> YOUR INSTRUCTIONS
Only the lines holding "more" are wanted. Copy every one from the records below.

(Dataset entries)
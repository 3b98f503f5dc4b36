-- ===== src/Lib.antt =====
-- A verification library for simple_orderbook_v1, a limit order book with a TCP server and a
-- client.
--
-- The server's threads take clients from a task queue, cut messages from the bytes that they
-- receive, call the order book and reply; the client turns commands into messages and prints
-- the replies. This library models the order book, the message format, the task queue, the
-- server and the client, each from its source, and joins them: the bytes that a client sends
-- reach the book through the server, and the server's replies reach the client's printer.
--
-- - Order, Levels, Index, Matching and Orderbook: class Orderbook of Orderbook
-- Server/orderbook.cpp (Orderbook/main.cpp and Orderbook Client/orderbook.cpp hold the same
-- class text). Order has the value types. Levels has bids_ and asks_, the two std::map from
-- prices to lists, as association lists sorted by greater and less. Index has orders_ and the
-- orders themselves: shared pointers are addresses on an explicit heap, so that the index and
-- the levels see one order's changes. Matching has the inner loop of MatchOrders. Orderbook has
-- CanMatch, MatchOrders, AddOrder, CancelOrder, MatchOrder (modify_order, which modifies an
-- order), Size and GetOrderInfos; its child modules prove the invariant, the branches of each
-- call and the sequences of calls. Orderbook/Spec is the specification of the book without
-- levels, index or pointers, a list of resting orders in the order of their arrival;
-- Orderbook/Shows says when a book shows such a list (its queues, its index and its size),
-- Orderbook/Refinement and Orderbook/Replay set the calls and sequences of calls beside it, and
-- Orderbook/Observed and Orderbook/Meets what the book answers. Orderbook/Spec/View forgets the
-- order of arrival between different levels, as a quotient of these lists, and Orderbook/View
-- is about books of one view.
-- - Network, Messages and ByteOrder: Orderbook Server/message_format.h (Orderbook
-- Client/message_format.h has the same text). htonl and ntohl are Winsock's and are fields of a
-- record Host, with the behaviour that Winsock documents. ByteOrder/Protocol has the messages
-- for orders as bytes, and ByteOrder/Hosts a sender and a receiver, which may be hosts of
-- different byte orders.
-- - TaskQueue: Orderbook Server/task_queue.h. The blocks that hold queueMutex_ are steps, and
-- runs are sequences of steps of any threads. A waiting thread may test its predicate at any
-- time.
-- - Memory and Wire: the bytes of the packed structs in either byte order. Wire.read is a
-- reinterpret_cast of bytes to a struct, Wire.write gives the bytes that send is handed, and
-- write_over is a conversion in place, which changes the buffer.
-- - Framing: processMessageBuffer of Orderbook Server/server.cpp, the loop that cuts messages
-- from the received bytes, and the loop around recv; the client has the same loops.
-- processMessage is an argument. Framing/Chunks is about streams that arrive in pieces.
-- - Server: class TcpServer of Orderbook Server/server.cpp. start, stop, the destructor and the
-- table of clients stand in Server, processMessage and each handler in Server/Handlers, their
-- messages in Server/Handlers/Messages (a name such as handle_add_order_request is
-- handleAddOrderRequest; serve_add_order is what it does between the conversion of the request
-- and its end), handleClient in Server/Connection. Server/Handlers/Settling and
-- Server/Handlers/Placed set the handlers beside the specification of the book, and
-- Server/Handlers/Success has their responses. Server/Workers has the workers of several
-- clients: each call of the book and each send is a step, and the steps of the workers, of the
-- accepting thread and of workers that end come in any order; Server/Workers/Client sets
-- handleClient beside the steps of its worker.
-- - Adapter: class OrderbookNetworkAdapter of Orderbook Server/orderbook_adapter.h, which
-- numbers the orders itself; Adapter/Ids and Adapter/Sessions are about its numbers.
-- Adapter/Lock has ThreadSafeOrderbook, whose threads take the reader-writer lock, call the
-- book and give the lock back in any order of steps.
-- - Client: class TcpClient and main of Orderbook Client/client.cpp. The answers of Winsock are
-- an argument of connect, and a command has the words of its line read. Client/Receiver has
-- receiverFunction, processMessage and the handlers; a printed line is data.
-- - Header: the order of Orderbook Server/orderbook.h (Orderbook Client/orderbook.h and
-- Orderbook/header.h have the same text), with its market orders. Header/Life is about
-- sequences of its calls.
-- - Main: main of Orderbook/main.cpp.
-- - Common and Outcome: the shared names, lists, integers, and what a run of the code comes to.
--
-- Integers: prices are int32_t and are integers, which the book only compares; quantities and
-- IDs are natural numbers, with the wrap of unsigned arithmetic written out where the code
-- computes. The inner loop of MatchOrders has one more unit of fuel than the two lists have
-- orders, which is enough, since each pass removes an order. The outer loop has its fuel as an
-- argument: on a book that is not crossed one pass ends it, and on a crossed book no fuel is
-- enough. The loop of the framing has fuel too: more than the complete messages of the stream
-- is enough, and on a header with the length 0 none is. References into an erased entry of
-- orders_ are read as C++ leaves undefined; the model reads what the entry held and counts such
-- reads.
--
-- Addresses: the server puts each new order at next_address, above every address that the book
-- holds, as make_shared does.
--
-- Enumerators: Side and OrderType of the book are the two named values each. A side byte that
-- names neither gives the outcome unmodelled, since the book's code then does what its
-- enumeration does not name; an order type that is not FillandKill is like GoodTillCancel to
-- the book.
--
-- Undefined behaviour: a handler that casts a buffer to a longer struct, send with a length
-- beyond its buffer and the printing of text without an end are the outcome undefined.
--
-- Not modelled: notify_one, notify_all and the sleep of a thread that they would wake, so that
-- no theorem says that the threads make progress; a worker whose call of the book does not
-- return and who keeps the book's lock, which would block the others for ever, since a call is
-- a step when it returns; the bound that the size of the thread pool puts on the clients that
-- are served at once; the parsing and printing of text, requests to echo, to quit and to list
-- the users among the interleaved workers (their handlers are modelled alone), and the book
-- that orderbook.h and header.h declare, whose methods have no body.
pub mod Common
pub mod Outcome
pub mod Order
pub mod Levels
pub mod Index
pub mod Matching
pub mod Orderbook
pub mod Network
pub mod Messages
pub mod Memory
pub mod Wire
pub mod ByteOrder
pub mod TaskQueue
pub mod Client
pub mod Framing
pub mod Server
pub mod Adapter
pub mod Header
pub mod Main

> RESPONSE BOX
-- computes. The inner loop of MatchOrders has one more unit of fuel than the two lists have
-- enough. The loop of the framing has fuel too: more than the complete messages of the stream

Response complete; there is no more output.